Ankothrips yuccae

Scientific classification
- Kingdom: Animalia
- Phylum: Arthropoda
- Class: Insecta
- Order: Thysanoptera
- Family: Melanthripidae
- Genus: Ankothrips
- Species: A. yuccae
- Binomial name: Ankothrips yuccae Moulton, 1926

= Ankothrips yuccae =

- Authority: Moulton, 1926

Species of thrip

Ankothrips yuccae is a species of thrip in the family Melanthripidae. Its host plant is Yucca whipplei.

==Description==
Both sexes are winged, with light brown to brown body, legs and antennae, with antennal segments 3-4 paler and forewings fuscous with its base a little bit paler. Its antennae has nine segments, the ninth longer the eight, sensoria transverse on the third- fourth, the second segment apex prolonged ventro-laterally into serrate lobe. Head with ocellar setae I arising on conical, slightly bifurcate tubercle, the third setae arise within ocellar triangle.

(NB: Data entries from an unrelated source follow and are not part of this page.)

-- ===== src/Workflow/Cycle/Search.antt =====
-- What the sort has taken is sorted, and a graph for which it has taken every node has no cycle.
use qingzhou_ssh.Prelude.{
  ℕ, zero, suc, ◌+◌, ◌-◌, ◌≤◌, ◌<◌, ◌≡◌, refl, sym, ap, ◌∙◌, subst, inl, inr, true, false, not,
  ◌&&◌, List, [], ◌∷◌, ◌++◌, arith, count, filter, length, ltb, ◌==◌, ==_iff, ==_refl, Bool-cases,
  here, there, count-append,
}
use qingzhou_ssh.Workflow.Graph.{WorkflowEdge, outgoing, is_member}
use qingzhou_ssh.Workflow.Graph.Reach.{Leads, Reaches}
use qingzhou_ssh.Workflow.Cycle.{indegree, set, relax, sort_loop, has_cycle}
use qingzhou_ssh.Workflow.Cycle.Counting.{
  occurs, is_member-occurs, all_occur, occurs-filter-le, occurs-filter_passed, member_if_occurs,
  occurs_if_member,
}
use qingzhou_ssh.Workflow.Cycle.Sorted.{IsSorted, IsSorted-acyclic}

-- The edges into `x` whose sources are not taken yet.
abbrev pub open_into : List WorkflowEdge → List ℕ → ℕ → ℕ
open_into edges taken x = count (λ e. e.target == x && not (is_member e.source taken)) edges

open_into_cons :
    (edges : List WorkflowEdge) (taken : List ℕ) (id x : ℕ)
    → is_member id taken ≡ false
    → open_into edges taken x ≡ open_into edges (id ∷ taken) x + indegree (outgoing edges id) x
unfolding outgoing indegree is_member
open_into_cons [] taken id x h = refl
open_into_cons (e ∷ edges) taken id x h =
    let ih = open_into_cons edges taken id x h in
    elim (Bool-cases (e.source == id)) [
      | inl own ↦
          let same : e.source ≡ id = (==_iff e.source id).0 own in
          let back : (id == e.source) ≡ true = (==_iff id e.source).1 (sym same) in
          let fresh : is_member e.source taken ≡ false = ap (λ y. is_member y taken) same ∙ h in
          rw (own, back, fresh) (ground (arith, ih))
      | inr other ↦
          let away : (id == e.source) ≡ false = ground arith in
          rw (other, away) (ground (arith, ih))
    ]

closed_into :
    (edges : List WorkflowEdge) (taken : List ℕ) (a x : ℕ)
    → open_into edges taken x ≡ 0
    → Leads edges a x
    → is_member a taken ≡ true
closed_into [] taken a x h l = elim l [ ]
closed_into (e ∷ edges) taken a x h (here (s, t)) =
    let hit : (e.target == x) ≡ true = (==_iff e.target x).1 t in
    elim (Bool-cases (is_member e.source taken)) [
      | inl found ↦ subst (λ y. is_member y taken ≡ true) s found
      | inr missing ↦ absurd (omega (arith, (rw (hit, missing) at h)))
    ]
closed_into (e ∷ edges) taken a x h (there l) = closed_into edges taken a x (omega (arith, h)) l

all_open : (edges : List WorkflowEdge) (x : ℕ) → indegree edges x ≡ open_into edges [] x
unfolding indegree is_member
all_open [] x = refl
all_open (e ∷ edges) x = ground (arith, all_open edges x)

all_visited : (visited many : ℕ) → not (visited == many) ≡ false → visited ≡ many
all_visited visited many h = ground arith

module _ (order : List ℕ) (edges : List WorkflowEdge) where
  -- `rest` is what is left of the edges from the node taken last.
  pub record IsSearch (taken queue : List ℕ) (rest : List WorkflowEdge) (degrees : ℕ → ℕ)
      : Type 0 where
    pub counted :
        (x : ℕ) → is_member x order ≡ true → degrees x ≡ open_into edges taken x + indegree rest x
    pub zeros : (x : ℕ) → 0 < occurs x taken + occurs x queue → degrees x ≡ 0
    pub once : (x : ℕ) → occurs x taken + occurs x queue ≤ 1
    pub within : (x : ℕ) → 0 < occurs x taken + occurs x queue → is_member x order ≡ true

  skip-IsSearch :
      (taken queue : List ℕ) (e : WorkflowEdge) (es : List WorkflowEdge) (degrees : ℕ → ℕ)
      → is_member e.target order ≡ false
      → IsSearch taken queue (e ∷ es) degrees
      → IsSearch taken queue es degrees
  unfolding indegree
  skip-IsSearch taken queue e es degrees unknown h = record {
    counted = λ x m. elim (Bool-cases (e.target == x)) [
      | inl same ↦ absurd (ground (arith, unknown, m, (==_iff e.target x).0 same))
      | inr other ↦ omega (arith, (rw other at (h.counted x m)))
    ];
    zeros = h.zeros;
    once = h.once;
    within = h.within;
  }

  -- A node with an edge left to relax is neither taken nor in the queue.
  absent_target :
      (taken queue : List ℕ) (e : WorkflowEdge) (es : List WorkflowEdge) (degrees : ℕ → ℕ)
      → is_member e.target order ≡ true
      → IsSearch taken queue (e ∷ es) degrees
      → occurs e.target taken + occurs e.target queue ≡ 0
  unfolding indegree
  absent_target taken queue e es degrees known h =
      elim (Bool-cases (ltb 0 (occurs e.target taken + occurs e.target queue))) [
        | inl found ↦ absurd (
            omega (
              arith,
              h.zeros e.target (ground (arith, found)),
              (rw (==_refl e.target) at (h.counted e.target known)),
            ))
        | inr missing ↦ ground (arith, missing)
      ]

  nothing_into : (x : ℕ) → indegree [] x ≡ 0
  unfolding indegree
  nothing_into x = refl

  lower-IsSearch :
      (taken queue : List ℕ) (e : WorkflowEdge) (es : List WorkflowEdge) (degrees : ℕ → ℕ)
      → is_member e.target order ≡ true
      → IsSearch taken queue (e ∷ es) degrees
      → IsSearch taken queue es (set e.target (degrees e.target - 1) degrees)
  unfolding indegree
  lower-IsSearch taken queue e es degrees known h = record {
    counted = λ x m. elim (Bool-cases (e.target == x)) [
      | inl same ↦
          let this : x ≡ e.target = sym ((==_iff e.target x).0 same) in
          let back : (x == e.target) ≡ true = (==_iff x e.target).1 this in
          rw back (omega (arith, (rw same at (h.counted x m)), ap degrees this))
      | inr other ↦
          let away : (x == e.target) ≡ false = ground arith in
          rw away (omega (arith, (rw other at (h.counted x m))))
    ];
    zeros = λ x m. elim (Bool-cases (x == e.target)) [
      | inl same ↦
          let found : 0 < occurs e.target taken + occurs e.target queue =
            subst (λ y. 0 < occurs y taken + occurs y queue) ((==_iff x e.target).0 same) m in
          absurd (omega (arith, found, absent_target taken queue e es degrees known h))
      | inr other ↦ rw other (h.zeros x m)
    ];
    once = h.once;
    within = h.within;
  }

  last-IsSearch :
      (taken queue : List ℕ) (e : WorkflowEdge) (es : List WorkflowEdge) (degrees : ℕ → ℕ)
      → is_member e.target order ≡ true
      → (degrees e.target - 1 == 0) ≡ true
      → IsSearch taken queue (e ∷ es) degrees
      → IsSearch taken (queue ++ e.target ∷ []) es (set e.target (degrees e.target - 1) degrees)
  last-IsSearch taken queue e es degrees known last h =
      let l = lower-IsSearch taken queue e es degrees known h in
      let absent : occurs e.target taken + occurs e.target queue ≡ 0 =
        absent_target taken queue e es degrees known h in
      record {
        counted = l.counted;
        zeros = λ x m. elim (Bool-cases (e.target == x)) [
          | inl same ↦
              let back : (x == e.target) ≡ true =
                (==_iff x e.target).1 (sym ((==_iff e.target x).0 same)) in
              rw back ((==_iff (degrees e.target - 1) 0).0 last)
          | inr other ↦
              l.zeros x
                (omega (arith, (rw (count-append (λ y. y == x) queue (e.target ∷ []), other) at m)))
        ];
        once = λ x. elim (Bool-cases (e.target == x)) [
          | inl same ↦
              let absent_here : occurs x taken + occurs x queue ≡ 0 =
                subst (λ y. occurs y taken + occurs y queue ≡ 0) ((==_iff e.target x).0 same)
                  absent in
              rw (count-append (λ y. y == x) queue (e.target ∷ []), same)
                (omega (arith, absent_here))
          | inr other ↦
              rw (count-append (λ y. y == x) queue (e.target ∷ []), other) (omega (arith, h.once x))
        ];
        within = λ x m. elim (Bool-cases (e.target == x)) [
          | inl same ↦ subst (λ y. is_member y order ≡ true) ((==_iff e.target x).0 same) known
          | inr other ↦
              h.within x
                (omega (arith, (rw (count-append (λ y. y == x) queue (e.target ∷ []), other) at m)))
        ];
      }

  pub relax-IsSearch :
      (taken queue : List ℕ) (rest : List WorkflowEdge) (degrees : ℕ → ℕ)
      → IsSearch taken queue rest degrees
      → IsSearch taken (relax order rest degrees queue).1 [] (relax order rest degrees queue).0
  unfolding relax
  relax-IsSearch taken queue [] degrees h = h
  relax-IsSearch taken queue (e ∷ es) degrees h = elim (Bool-cases (is_member e.target order)) [
    | inr skipped ↦
        rw skipped
          (relax-IsSearch taken queue es degrees (skip-IsSearch taken queue e es degrees skipped h))
    | inl known ↦ elim (Bool-cases (degrees e.target - 1 == 0)) [
      | inl last ↦
          rw (known, last)
            (relax-IsSearch taken (queue ++ e.target ∷ []) es
              (set e.target (degrees e.target - 1) degrees)
              (last-IsSearch taken queue e es degrees known last h))
      | inr more ↦
          rw (known, more)
            (relax-IsSearch taken queue es (set e.target (degrees e.target - 1) degrees)
              (lower-IsSearch taken queue e es degrees known h))
    ]
  ]

  pub pop-IsSearch :
      (taken queue : List ℕ) (id : ℕ) (degrees : ℕ → ℕ)
      → IsSearch taken (id ∷ queue) [] degrees
      → IsSearch (id ∷ taken) queue (outgoing edges id) degrees
        × ((a : ℕ) → Leads edges a id → is_member a taken ≡ true)
  pop-IsSearch taken queue id degrees h =
      let here_once : 0 < occurs id taken + occurs id (id ∷ queue) = rw (==_refl id) omega arith in
      let absent : occurs id taken ≡ 0 = omega (arith, (rw (==_refl id) at (h.once id))) in
      let fresh : is_member id taken ≡ false = is_member-occurs id taken ∙ rw absent refl in
      let known = h.within id here_once in
      let closed : open_into edges taken id ≡ 0 =
        omega (arith, nothing_into id, h.counted id known, h.zeros id here_once) in
      (
        record {
          counted = λ x m.
              omega (arith, nothing_into x, h.counted x m, open_into_cons edges taken id x fresh);
          zeros = λ x m. h.zeros x (omega (arith, m));
          once = λ x. omega (arith, h.once x);
          within = λ x m. h.within x (omega (arith, m));
        },
        λ a l. closed_into edges taken a id closed l,
      )

  -- What a run of the loop has taken, with `visited` as its number.
  pub record IsTaken (taken : List ℕ) (visited : ℕ) : Type 0 where
    pub sorted : IsSorted edges taken
    pub distinct : (x : ℕ) → occurs x taken ≤ 1
    pub among : (x : ℕ) → 0 < occurs x taken → is_member x order ≡ true
    pub many : visited ≡ length taken

  stop-IsTaken :
      (taken queue : List ℕ) (degrees : ℕ → ℕ) (visited : ℕ)
      → IsSearch taken queue [] degrees
      → IsSorted edges taken
      → visited ≡ length taken
      → IsTaken taken visited
  stop-IsTaken taken queue degrees visited h s v = record {
    sorted = s;
    distinct = λ x. omega (arith, h.once x);
    among = λ x m. h.within x (omega (arith, m));
    many = v;
  }

  loop-IsTaken :
      (fuel : ℕ) (taken queue : List ℕ) (degrees : ℕ → ℕ) (visited : ℕ)
      → IsSearch taken queue [] degrees
      → IsSorted edges taken
      → visited ≡ length taken
      → (all_taken : List ℕ) × IsTaken all_taken (sort_loop fuel order edges degrees queue visited)
  unfolding sort_loop
  loop-IsTaken fuel taken [] degrees visited h s v =
      (taken, stop-IsTaken taken [] degrees visited h s v)
  loop-IsTaken zero taken (id ∷ queue) degrees visited h s v =
      (taken, stop-IsTaken taken (id ∷ queue) degrees visited h s v)
  loop-IsTaken (suc fuel) taken (id ∷ queue) degrees visited h s v =
      let (popped, before) = pop-IsSearch taken queue id degrees h in
      loop-IsTaken fuel (id ∷ taken) (relax order (outgoing edges id) degrees queue).1
        (relax order (outgoing edges id) degrees queue).0 (suc visited)
        (relax-IsSearch (id ∷ taken) queue (outgoing edges id) degrees popped) (before, s)
        (omega (arith, v))

  abbrev pub first_queue : List ℕ
  first_queue = filter (λ id. indegree edges id == 0) order

  pub start-IsSearch : ((x : ℕ) → occurs x order ≤ 1) → IsSearch [] first_queue [] (indegree edges)
  unfolding indegree
  start-IsSearch distinct = record {
    counted = λ x m. omega (arith, all_open edges x);
    zeros = λ x m.
        (==_iff (indegree edges x) 0).0
          (occurs-filter_passed (λ id. indegree edges id == 0) x order (omega (arith, m)));
    once = λ x. omega (arith, occurs-filter-le (λ id. indegree edges id == 0) x order, distinct x);
    within = λ x m.
        member_if_occurs x order
          (omega (arith, m, occurs-filter-le (λ id. indegree edges id == 0) x order));
  }

-- If `has_cycle` answers no, no chain of edges leads back to where it starts, whatever the order in
-- which the hash map gives its keys: a key is given once, the keys are the nodes, and the edges are
-- those between nodes, as for the maps that `validate_workflow` passes.
pub has_cycle-acyclic :
    (order nodes : List ℕ) (edges : List WorkflowEdge) (a b : ℕ)
    → ((x : ℕ) → occurs x order ≤ 1)
    → ((x : ℕ) → is_member x order ≡ is_member x nodes)
    → has_cycle order nodes edges ≡ false
    → is_member b nodes ≡ true
    → Leads edges a b
    → ¬ (Reaches edges b a)
unfolding has_cycle
has_cycle-acyclic order nodes edges a b distinct keys answer known l r =
    let (taken, t) =
      loop-IsTaken order edges (length order) [] (first_queue order edges) (indegree edges) 0
        (start-IsSearch order edges distinct) tt refl in
    let full : length nodes ≡ length taken = omega (
      arith,
      t.many,
      all_visited
          (sort_loop (length order) order edges (indegree edges) (first_queue order edges) 0)
          (length nodes) answer,
    ) in
    let found : 0 < occurs b taken =
      all_occur taken nodes b t.distinct
        (λ x m. occurs_if_member x nodes (sym (keys x) ∙ t.among x m)) (omega (arith, full))
        (occurs_if_member b nodes known) in
    IsSorted-acyclic edges taken a b t.sorted (member_if_occurs b taken found) l r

It hears with 3 pairs of prominent postocular setae and the pronotum posterior margin with 5 pairs of prominent setae. Mesonotum has microtrichia, Metanotum striate medially, with median setae near posterior margin. The 8th abdominal tergite median setae scarcely 0.3 as long as tergite; tergite 10 with paired trichobothria well developed. Sixth sternite posterior margin with pair of lobes each bearing two setae at base.

==Ecology==
Ankothrips yuccae breeds on Yucca whipplei without leaving major harm in California. It has no known vectors.